Secondly, such materials must be delamination resistant, i.e. the multilayers making up the film must not separate or blister.
Additionally, the food contact layer of such film must qualify under the appropriate food laws and regulations for safe food contact.
A fourth consideration is the oxygen barrier or vapor barrier properties of the material, which are preferably high to maintain the freshness of the food contained therein.
Additional desirable characteristics in some package applications are heat shrinkability during the cook-in process to provide a packaging material which fits snugly around the product contained therein, as well as optical clarity where eye appeal of the packaged product is desired.
Various cook-in packaging materials are currently available in the market place U.S. Pat. No. 4,469,742 issued to Oberle et al describes a pasteurizable and/or cook-in shrink film which employs a hydrolyzed ethylene vinyl acetate copolymer (ethylene vinyl alcohol copolymer or EVOH) in a multilayer structure suitable for cook-in applications.

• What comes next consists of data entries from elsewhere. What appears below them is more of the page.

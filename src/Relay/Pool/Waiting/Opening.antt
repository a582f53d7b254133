-- ===== src/Relay/Pool/Waiting/Opening.antt =====
-- A socket of a pool that opens (src/relay-session.mjs).
use relayswarm.Base.{
  ℕ, ◌+◌, ◌∙◌, ◌≡◌, refl, sym, ap, subst, Bool, false, ◌||◌, Option, none, some, List, [], ◌∷◌,
  ◌++◌, length, if◌then◌else◌, if_cases, arith,
}
use relayswarm.Relay.Pool.State.{Pool}
use relayswarm.Relay.Pool.Calls.{opened, shut, on_open}
use relayswarm.Relay.Pool.Dialling.{
  Config, Caller, round, retry, Dial, ready, Dialler, with_done, answered, is_round, dials_of,
}
use relayswarm.Relay.Pool.Listeners.{
  resolved, take_dial, waiters_ready, dial_opened, shut_late, opens_dial, dial_opens,
}
use relayswarm.Relay.Pool.Waiting.{Counted, Standing, IsAwaited}
use relayswarm.Relay.Pool.Waiting.Settled.{answered-IsAwaited, settle-IsAwaited}
use relayswarm.Relay.Pool.Waiting.Steps.{
  Taken, take_dial-Taken, apart_left, retry_left, late-IsAwaited,
}

-- Without a pending call a settled dial changes nothing that is waited for.
quiet-IsAwaited :
    (c : Config) (k : Caller) (d : Dialler)
    → d.connecting ≡ none
    → (d.pool.connected ≡ false → length d.pool.sockets + length d.dials ≡ 0)
    → Counted d.answers none d.next_round
    → IsAwaited c (resolved c k d)
quiet-IsAwaited c (round id) d e idle q = settle-IsAwaited c id d (record {
  idle = idle;
  counted = rw e q;
  standing = rw e tt;
  others = λ b. rw e tt;
  retried = λ b. rw e tt;
})
quiet-IsAwaited c (retry k) d e idle q = record {
  idle = idle;
  counted = rw e q;
  standing = rw e tt;
  waits = rw e (omega arith);
}

on_open-opened : (s : ℕ) (p : Pool) → p.closed ≡ false → on_open s p ≡ opened s p
unfolding on_open
on_open-opened s p h =
    if_cases (λ r. r ≡ opened s p) p.closed (shut s p) (opened s p) (λ e. absurd (cc (h, e)))
      (λ e. refl)

module _ (c : Config) (d : Dialler) (v : IsAwaited c d) (s : ℕ) (x : Dial) (rest : List Dial)
    (t : Taken d.dials (some (x, rest))) where
  -- The pool with the new socket.
  abbrev with_socket : Dialler
  with_socket = with_done (opened s d.pool) (record d { dials = rest })

  idle_no_more : d.pool.connected ≡ false → length (d.pool.sockets ++ (s ∷ [])) + length rest ≡ 0
  idle_no_more h = absurd (omega (arith, v.idle h, t.0))

  settled :
      (o : Option ℕ)
      → d.connecting ≡ o
      → IsAwaited c (resolved c x.caller (answered o ready with_socket))
  settled none e =
      quiet-IsAwaited c x.caller with_socket e idle_no_more
        (subst (λ q. Counted d.answers q d.next_round) e v.counted)
  settled (some n) e =
      let once =
        answered-IsAwaited c n ready with_socket idle_no_more
          (subst (λ q. Counted d.answers q d.next_round) e v.counted) in
      quiet-IsAwaited c x.caller (answered (some n) ready with_socket) refl idle_no_more
        once.counted

  still_open :
      (b : Bool) (o : Option ℕ)
      → b ≡ false
      → Standing b o d.pool
      → Standing b o (opened s d.pool).pool
  still_open b none e st = tt
  still_open b (some n) e st = (st.0, st.1, λ h. absurd (cc (e, h)))

  one_of_all :
      (k : Caller) → x.caller ≡ k → c.reconnect ≡ false → IsAwaited c (resolved c k with_socket)
  one_of_all (round id) e b = settle-IsAwaited c id with_socket (record {
    idle = idle_no_more;
    counted = v.counted;
    standing = still_open c.reconnect d.connecting b v.standing;
    others = λ b.
        apart_left c.reconnect d.connecting id d.dials rest d.retries b v.waits
          (λ n. t.1 n ∙ ap (λ q. if is_round n q then dials_of n rest + 1 else dials_of n rest) e);
    retried = λ h. absurd (cc (b, h));
  })
  one_of_all (retry k) e b = record {
    idle = idle_no_more;
    counted = v.counted;
    standing = still_open c.reconnect d.connecting b v.standing;
    waits = rw b (
        retry_left d.connecting k d.dials rest d.retries (rw (sym b) v.waits)
          (λ n. t.1 n ∙ ap (λ q. if is_round n q then dials_of n rest + 1 else dials_of n rest) e));
  }

  dial_opened-IsAwaited : d.pool.closed ≡ false → IsAwaited c (dial_opened c s x rest d)
  dial_opened-IsAwaited h =
      subst
        (λ r.
          IsAwaited c
            (resolved c x.caller (waiters_ready c (with_done r (record d { dials = rest })))))
        (sym (on_open-opened s d.pool h))
        (if_cases (λ e. IsAwaited c (resolved c x.caller e)) (c.reconnect || c.ready_on_first_relay)
          (answered d.connecting ready with_socket) with_socket (λ b. settled d.connecting refl)
          (λ b. one_of_all x.caller refl (ground (arith, b))))

pub dial_opens-IsAwaited :
    (c : Config) (s : ℕ) (d : Dialler) → IsAwaited c d → IsAwaited c (dial_opens c s d)
unfolding dial_opens
dial_opens-IsAwaited c s d v = go (take_dial s d.dials) (take_dial-Taken s d.dials)
  where
    go : (o : Option (Dial × List Dial)) → Taken d.dials o → IsAwaited c (opens_dial c s o d)
    go none t = late-IsAwaited c d v s
    go (some (x, rest)) t =
        if_cases (IsAwaited c) d.pool.closed (shut_late s d) (dial_opened c s x rest d)
          (λ h. late-IsAwaited c d v s) (dial_opened-IsAwaited c d v s x rest t)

Another current film structure, such as shown in U.S. Pat. No 4,683,170 (Tse et al), has a five layer construction in which a core layer of ethylene vinyl alcohol copolymer is adhered to an inner ionomeric sealant layer, and to an outer nylon abuse layer, by means of respective tie layers, one on either side of the core layer. This latter structure requires the use of relatively thick tie layers. In some cases these tie materials, such as the Plexar series of resins available from Quantam and the CXA series of polymeric adhesive resins available fro du Pont, are typically very specialized and relatively espensive materials.
These tie or adhesive materials, in addition to their expense, typically lack the required toughness often required in the severe cook-in regime often encountered in food processing.
EVOH is well known for its moisture sensitivity. In the current structure just described it is necessary to extrude a relatively thick layer of the expensive adhesive layers in order to provide some moisture protection for the EVOH. That is, in order to prevent ingress of moisture both from the food product side (sealant side) as well as the outside environment (abuse layer side) only two layers are available on either side of the EVOH layer to provide such a moisture barrier.
It is therefore desirable to provide a more economical multilayer packaging material which takes advantage of the benefits of ethylene vinyl alcohol copolymer, but provides a more economical means of reducing moisture ingress into the packaging material during the cook-in process.
It is another object of the invention to accomplish the first object without sacrificing film toughness, and preferably actually increasing film toughness.
The present invention accomplishes both of these objects as described further below.